The lines to be copied run from the one containing "pub Appending-update_job : (id" to the end of the material below; reproduce them exactly, including both ends, and nothing more.

• _Supplied data_
____________________

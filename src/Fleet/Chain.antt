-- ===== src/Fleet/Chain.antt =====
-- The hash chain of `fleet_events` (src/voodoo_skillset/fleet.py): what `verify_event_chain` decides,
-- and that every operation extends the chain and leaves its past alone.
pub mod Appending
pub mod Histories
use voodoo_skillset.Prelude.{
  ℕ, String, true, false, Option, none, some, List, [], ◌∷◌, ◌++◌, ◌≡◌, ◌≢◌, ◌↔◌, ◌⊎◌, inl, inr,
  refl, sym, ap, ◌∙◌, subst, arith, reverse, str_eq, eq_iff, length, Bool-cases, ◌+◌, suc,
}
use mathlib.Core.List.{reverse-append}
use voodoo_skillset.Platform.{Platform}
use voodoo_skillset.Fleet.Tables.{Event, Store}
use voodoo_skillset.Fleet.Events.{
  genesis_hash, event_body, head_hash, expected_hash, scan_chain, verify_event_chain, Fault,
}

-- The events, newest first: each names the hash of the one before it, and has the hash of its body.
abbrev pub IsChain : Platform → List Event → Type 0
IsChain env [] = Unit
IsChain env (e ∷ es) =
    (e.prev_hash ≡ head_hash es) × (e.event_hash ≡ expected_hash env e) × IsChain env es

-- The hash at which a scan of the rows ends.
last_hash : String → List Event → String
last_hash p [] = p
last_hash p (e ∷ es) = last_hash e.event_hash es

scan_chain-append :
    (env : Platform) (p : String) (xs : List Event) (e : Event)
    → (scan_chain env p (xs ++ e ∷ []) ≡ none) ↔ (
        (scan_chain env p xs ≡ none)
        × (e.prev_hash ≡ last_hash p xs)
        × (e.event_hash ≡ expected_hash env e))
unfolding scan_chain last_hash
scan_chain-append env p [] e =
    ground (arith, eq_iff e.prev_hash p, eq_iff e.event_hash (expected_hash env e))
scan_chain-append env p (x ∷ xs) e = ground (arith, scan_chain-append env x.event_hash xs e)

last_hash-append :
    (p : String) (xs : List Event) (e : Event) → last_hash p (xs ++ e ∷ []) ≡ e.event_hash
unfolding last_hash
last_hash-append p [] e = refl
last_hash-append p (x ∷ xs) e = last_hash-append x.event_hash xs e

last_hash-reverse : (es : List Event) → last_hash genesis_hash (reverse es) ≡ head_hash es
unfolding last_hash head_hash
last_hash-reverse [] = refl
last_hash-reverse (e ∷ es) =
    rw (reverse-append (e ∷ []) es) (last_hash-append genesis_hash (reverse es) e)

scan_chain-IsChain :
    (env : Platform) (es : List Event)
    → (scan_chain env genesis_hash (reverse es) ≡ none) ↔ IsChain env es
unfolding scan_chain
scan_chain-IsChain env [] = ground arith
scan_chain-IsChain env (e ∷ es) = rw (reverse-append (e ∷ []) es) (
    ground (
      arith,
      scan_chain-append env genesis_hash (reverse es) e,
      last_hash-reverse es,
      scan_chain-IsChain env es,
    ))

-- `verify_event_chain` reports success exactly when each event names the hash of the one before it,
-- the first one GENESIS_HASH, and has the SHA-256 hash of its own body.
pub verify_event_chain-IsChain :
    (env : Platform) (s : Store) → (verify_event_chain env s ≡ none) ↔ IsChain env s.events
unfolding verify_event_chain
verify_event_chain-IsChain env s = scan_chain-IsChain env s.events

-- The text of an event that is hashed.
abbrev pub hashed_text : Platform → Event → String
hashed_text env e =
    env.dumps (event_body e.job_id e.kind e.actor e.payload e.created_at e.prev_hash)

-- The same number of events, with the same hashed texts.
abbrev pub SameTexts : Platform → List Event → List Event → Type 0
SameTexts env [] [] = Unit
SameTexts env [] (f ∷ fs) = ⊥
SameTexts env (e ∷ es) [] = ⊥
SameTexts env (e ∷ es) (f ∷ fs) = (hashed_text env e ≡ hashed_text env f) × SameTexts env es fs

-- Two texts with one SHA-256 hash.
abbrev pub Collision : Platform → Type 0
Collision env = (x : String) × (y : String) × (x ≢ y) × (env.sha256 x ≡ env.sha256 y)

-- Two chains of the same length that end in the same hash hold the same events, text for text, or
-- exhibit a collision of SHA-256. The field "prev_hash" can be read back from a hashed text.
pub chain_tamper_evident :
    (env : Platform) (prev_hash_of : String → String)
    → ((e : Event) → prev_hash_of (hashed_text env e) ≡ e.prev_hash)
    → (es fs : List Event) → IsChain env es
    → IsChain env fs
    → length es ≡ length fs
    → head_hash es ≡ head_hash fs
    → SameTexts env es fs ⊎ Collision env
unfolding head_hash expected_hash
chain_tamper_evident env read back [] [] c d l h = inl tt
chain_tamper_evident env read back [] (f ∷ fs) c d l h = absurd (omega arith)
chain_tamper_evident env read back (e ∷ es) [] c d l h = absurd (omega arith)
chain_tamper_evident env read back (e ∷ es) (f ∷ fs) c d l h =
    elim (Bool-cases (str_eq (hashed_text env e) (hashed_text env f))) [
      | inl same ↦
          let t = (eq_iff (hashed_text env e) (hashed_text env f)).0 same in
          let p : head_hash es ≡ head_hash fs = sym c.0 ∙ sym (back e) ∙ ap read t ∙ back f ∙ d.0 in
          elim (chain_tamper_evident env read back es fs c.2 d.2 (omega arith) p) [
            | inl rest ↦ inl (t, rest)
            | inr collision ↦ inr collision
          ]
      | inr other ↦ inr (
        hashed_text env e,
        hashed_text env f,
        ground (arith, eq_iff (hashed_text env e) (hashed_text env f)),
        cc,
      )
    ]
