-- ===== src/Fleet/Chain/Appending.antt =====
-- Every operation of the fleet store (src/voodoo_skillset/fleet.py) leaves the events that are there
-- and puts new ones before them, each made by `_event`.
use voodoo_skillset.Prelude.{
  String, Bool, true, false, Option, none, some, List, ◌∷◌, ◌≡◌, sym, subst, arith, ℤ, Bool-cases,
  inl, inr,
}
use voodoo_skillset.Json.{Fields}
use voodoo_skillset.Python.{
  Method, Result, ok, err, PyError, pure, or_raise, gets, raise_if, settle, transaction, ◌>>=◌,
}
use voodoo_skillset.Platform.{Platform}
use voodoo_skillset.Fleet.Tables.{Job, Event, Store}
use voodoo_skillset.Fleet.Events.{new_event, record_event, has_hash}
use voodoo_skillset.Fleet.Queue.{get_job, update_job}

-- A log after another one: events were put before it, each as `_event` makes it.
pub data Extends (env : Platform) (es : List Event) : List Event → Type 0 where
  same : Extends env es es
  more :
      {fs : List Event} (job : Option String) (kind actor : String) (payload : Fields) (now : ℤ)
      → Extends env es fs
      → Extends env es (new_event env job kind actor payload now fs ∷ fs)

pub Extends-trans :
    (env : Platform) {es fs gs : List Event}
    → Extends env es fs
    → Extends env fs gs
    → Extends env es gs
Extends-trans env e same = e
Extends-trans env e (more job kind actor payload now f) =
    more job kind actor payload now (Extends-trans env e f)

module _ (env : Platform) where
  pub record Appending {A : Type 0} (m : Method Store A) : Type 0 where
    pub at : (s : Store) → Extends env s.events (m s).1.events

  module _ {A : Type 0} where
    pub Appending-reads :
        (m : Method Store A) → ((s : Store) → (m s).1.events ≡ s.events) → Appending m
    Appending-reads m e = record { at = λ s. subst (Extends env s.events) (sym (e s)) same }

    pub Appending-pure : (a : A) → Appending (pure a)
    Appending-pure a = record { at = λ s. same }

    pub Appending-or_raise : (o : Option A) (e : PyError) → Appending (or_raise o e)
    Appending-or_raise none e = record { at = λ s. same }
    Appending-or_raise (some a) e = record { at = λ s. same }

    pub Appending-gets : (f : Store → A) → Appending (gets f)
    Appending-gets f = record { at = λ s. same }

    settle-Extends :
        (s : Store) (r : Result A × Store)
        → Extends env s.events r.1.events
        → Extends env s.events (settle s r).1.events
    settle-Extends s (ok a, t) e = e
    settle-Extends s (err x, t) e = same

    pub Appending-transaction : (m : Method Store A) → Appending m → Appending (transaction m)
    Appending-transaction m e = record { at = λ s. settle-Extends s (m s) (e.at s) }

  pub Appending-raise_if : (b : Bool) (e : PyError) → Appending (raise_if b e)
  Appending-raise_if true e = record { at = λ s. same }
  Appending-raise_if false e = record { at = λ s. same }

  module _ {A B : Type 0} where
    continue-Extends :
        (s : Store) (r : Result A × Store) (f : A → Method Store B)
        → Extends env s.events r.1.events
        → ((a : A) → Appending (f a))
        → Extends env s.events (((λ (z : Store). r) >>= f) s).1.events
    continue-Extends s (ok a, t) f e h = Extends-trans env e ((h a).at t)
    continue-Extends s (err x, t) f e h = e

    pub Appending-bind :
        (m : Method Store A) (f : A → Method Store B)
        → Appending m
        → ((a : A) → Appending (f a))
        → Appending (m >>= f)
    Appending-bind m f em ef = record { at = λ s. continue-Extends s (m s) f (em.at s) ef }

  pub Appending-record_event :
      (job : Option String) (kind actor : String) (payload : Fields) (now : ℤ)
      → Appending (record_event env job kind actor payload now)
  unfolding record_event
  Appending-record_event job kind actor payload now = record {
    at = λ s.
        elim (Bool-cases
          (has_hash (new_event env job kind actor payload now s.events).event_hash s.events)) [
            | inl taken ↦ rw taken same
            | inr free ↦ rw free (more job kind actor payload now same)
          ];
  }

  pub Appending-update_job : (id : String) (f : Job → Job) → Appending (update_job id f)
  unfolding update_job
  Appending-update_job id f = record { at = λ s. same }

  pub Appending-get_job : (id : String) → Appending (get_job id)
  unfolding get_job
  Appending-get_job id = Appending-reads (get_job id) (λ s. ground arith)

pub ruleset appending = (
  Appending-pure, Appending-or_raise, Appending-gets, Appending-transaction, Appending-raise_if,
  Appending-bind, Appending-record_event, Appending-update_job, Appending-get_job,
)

____________________

• _Completed exercise_
  pub Appending-update_job : (id : String) (f : Job → Job) → Appending (update_job id f)
  unfolding update_job
  Appending-update_job id f = record { at = λ s. same }

  pub Appending-get_job : (id : String) → Appending (get_job id)
  unfolding get_job
  Appending-get_job id = Appending-reads (get_job id) (λ s. ground arith)

pub ruleset appending = (
  Appending-pure, Appending-or_raise, Appending-gets, Appending-transaction, Appending-raise_if,
  Appending-bind, Appending-record_event, Appending-update_job, Appending-get_job,
)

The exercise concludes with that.